To clarify further, the slide velocity is a function of conservation of momentum and can be calculated without knowing anything about the bullet/barrel friction. That is, the slide & barrel velocity can be calculated by knowing the mass and muzzle velocity of the ejecta (I'm going to call this "muzzle momentum") and the mass of the slide/barrel.

In other words, the presence of significant bullet/barrel friction probably* results in a lower muzzle momentum since it's fighting the force created by the expanding gases. Lower muzzle momentum would obviously mean slower slide velocity.

Stated yet another way, if one created two different loadings that fired the same bullet at the same muzzle velocity, one through a smoothbore, sized to present very little friction to the bullet, and one through a typical rifled bore, then the slide velocity would be identical as well--assuming the same slide/barrel mass.

On the other hand, if one fired the same loading through the two different barrels, the slide velocity would probably* be lower in the rifled barrel because the added friction would probably* result in a lower muzzle velocity.

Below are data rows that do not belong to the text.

-- ===== src/Operations/Runner.antt =====
-- internal/gateway/operations/runner.go: the worker. `clock` is the worker's `time.Now()`, and
-- `now` the database's `now()`.
use brevyn_cloud.Base.{
  ℕ, zero, suc, ◌+◌, ◌-◌, Bool, true, false, ◌&&◌, ◌||◌, not, Option, none, some, List, [], ◌∷◌,
  ◌++◌, Text, codes, leb, ltb, ◌==◌, if◌then◌else◌, coalesce, update_where,
}
use brevyn_cloud.Errors.{Err, classify, gateway_operation_stale, retryable_class}
use brevyn_cloud.Operations.{
  Status, pending, running, failed, dead_letter, Operation, backoff, mark_succeeded, mark_failed,
}

-- `OperationRecord`: what the worker knows of a claimed row.
pub record OperationRecord : Type 0 where
  pub db_id : ℕ
  pub public_id : Text
  pub operation : Text
  pub target_type : Text
  pub target_id : Text
  pub payload : Text
  pub attempts : ℕ
  pub max_attempts : ℕ

abbrev pub is_running : Status → Bool
is_running running = true
is_running _ = false

abbrev pub is_pending : Status → Bool
is_pending pending = true
is_pending _ = false

abbrev pub is_failed : Status → Bool
is_failed failed = true
is_failed _ = false

-- `locked_at IS NOT NULL AND locked_at < $1`
abbrev pub locked_before : ℕ → Option ℕ → Bool
locked_before cutoff none = false
locked_before cutoff (some t) = ltb t cutoff

unfoldable pub is_stale : ℕ → Operation → Bool
is_stale cutoff op = is_running op.status && locked_before cutoff op.locked_at

-- What is written into a row whose worker is gone; `detail` is the text with the worker's name.
unfoldable pub release_stale : (Operation → Text) → ℕ → Operation → Operation
release_stale detail now op =
    let used_up = leb op.max_attempts op.attempts in
    record op {
      status = if used_up then dead_letter else failed;
      last_error = record {
        code = gateway_operation_stale;
        class = retryable_class;
        stage = codes "worker";
        message = codes "worker lock expired; operation requeued";
        detail = detail op;
        retryable = ltb op.attempts op.max_attempts;
      };
      next_run_at = now;
      completed_at = if used_up then some now else op.completed_at;
      locked_at = none;
      locked_by = [];
      updated_at = now;
    }

-- `concat('locked_by=', coalesce(locked_by, ''), '; stale_after=', $2::text)`
unfoldable pub stale_detail : Text → Operation → Text
stale_detail stale_after op =
    codes "locked_by=" ++ (op.locked_by ++ (codes "; stale_after=" ++ stale_after))

-- `requeueStaleRunning`; `stale_text` is how `stale_after` prints.
unfoldable pub requeue_stale_running :
    (stale_after : ℕ) (stale_text : Text) (clock now : ℕ) → List Operation → List Operation
requeue_stale_running stale_after stale_text clock now rows =
    if leb stale_after 0
    then rows
    else update_where (is_stale (clock - stale_after)) (release_stale (stale_detail stale_text) now)
        rows

-- The `WHERE` of `claimNext`
unfoldable pub is_claimable : ℕ → Operation → Bool
is_claimable now op =
    (is_pending op.status || is_failed op.status)
    && leb op.next_run_at now
    && ltb op.attempts op.max_attempts
    && (is_pending op.status || op.last_error.retryable)

-- `ORDER BY next_run_at ASC, id ASC`
unfoldable pub runs_before : Operation → Operation → Bool
runs_before a b = ltb a.next_run_at b.next_run_at || a.next_run_at == b.next_run_at && ltb a.id b.id

-- The one of a claimable row and the best of the rows behind it that runs first.
unfoldable pub earlier : Operation → Option Operation → Operation
earlier op none = op
earlier op (some b) = if runs_before b op then b else op

-- The candidate of `claimNext`: the first row in that order that is claimable.
unfoldable pub candidate : ℕ → List Operation → Option Operation
candidate now [] = none
candidate now (op ∷ rest) =
    let best = candidate now rest in if is_claimable now op then some (earlier op best) else best

-- The columns that a claim sets.
unfoldable pub claim : Text → ℕ → Operation → Operation
claim worker now op = record op {
  status = running;
  attempts = op.attempts + 1;
  locked_at = some now;
  locked_by = worker;
  started_at = coalesce op.started_at now;
  updated_at = now;
}

abbrev pub has_id : ℕ → Operation → Bool
has_id id op = op.id == id

-- `RETURNING …`
unfoldable pub to_record : Operation → OperationRecord
to_record op = record {
  db_id = op.id;
  public_id = op.public_id;
  operation = op.operation;
  target_type = op.target_type;
  target_id = op.target_id;
  payload = op.payload;
  attempts = op.attempts;
  max_attempts = op.max_attempts;
}

-- `claimNext`
unfoldable pub claim_next : Text → ℕ → List Operation → Option OperationRecord × List Operation
claim_next worker now rows = elim (candidate now rows) [
  | none ↦ (none, rows)
  | some op ↦
      (some (to_record (claim worker now op)), update_where (has_id op.id) (claim worker now) rows)
]

-- What `ExecuteGatewayOperation` answers: the marshalled result, or an error.
pub data Outcome : Type 0 where
  done : Text → Outcome
  error : Err → Outcome

-- `processClaimed`, for a given answer of the executor
unfoldable pub process_claimed :
    OperationRecord → Outcome → (clock now : ℕ) → List Operation → List Operation
process_claimed op (done result) clock now rows = mark_succeeded op.public_id result now rows
process_claimed op (error e) clock now rows =
    let info = classify op.operation (some e) in
    let is_dead = not info.retryable || leb op.max_attempts op.attempts in
    let next_run_at = if is_dead then clock else clock + backoff op.attempts in
    mark_failed op.public_id info next_run_at is_dead now rows

-- The claims of `ProcessOnce`: at most `batch_size`, until none is left.
unfoldable pub claim_batch : Text → ℕ → ℕ → List Operation → List OperationRecord × List Operation
claim_batch worker now zero rows = ([], rows)
claim_batch worker now (suc n) rows =
    let (claimed, rows') = claim_next worker now rows in
    elim claimed [
      | none ↦ ([], rows')
      | some op ↦ let (ops, rows'') = claim_batch worker now n rows' in (op ∷ ops, rows'')
    ]

-- The claimed operations, in the order in which their goroutines finish.
unfoldable pub process_all :
    (OperationRecord → Outcome)
    → (clock now : ℕ) → List OperationRecord
    → List Operation
    → List Operation
process_all executor clock now [] rows = rows
process_all executor clock now (op ∷ ops) rows =
    process_all executor clock now ops (process_claimed op (executor op) clock now rows)

pub record Runner : Type 0 where
  pub worker_id : Text
  pub batch_size : ℕ
  pub stale_after : ℕ
  pub stale_text : Text

-- `ProcessOnce`, where the goroutines finish in the order of the claims, and the statements of a
-- round see the same `now()`.
unfoldable pub process_once :
    Runner → (OperationRecord → Outcome) → (clock now : ℕ) → List Operation → List Operation
process_once r executor clock now rows =
    let rows' = requeue_stale_running r.stale_after r.stale_text clock now rows in
    let (ops, rows'') = claim_batch r.worker_id now r.batch_size rows' in
    process_all executor clock now ops rows''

So while the friction plays a part in the overall system, you can ignore it if all you're interested in is determining slide velocity and finding how long it will take the barrel to unlock. Not because it's negligible but because the effects are already wrapped into the muzzle momentum.

* I say "probably" because if you reduce friction too much you might create a situation in which there's not enough pressure to maintain a proper combustion process and that might actually reduce muzzle velocity.

Sounds about right, John. Smoothbore=reduced friction=reduced force=reduced velocity and momentum...in both directions. Whatever resistance the bullet would get from the barrel would likewise be given to the barrel...and hence to the slide. There would almost have to be some change in the dynamics...such as maybe the bullet exiting at a little more or a little less slide travel...and my bet would be less because the other outside forces on the slide are unchanged. Everything means something.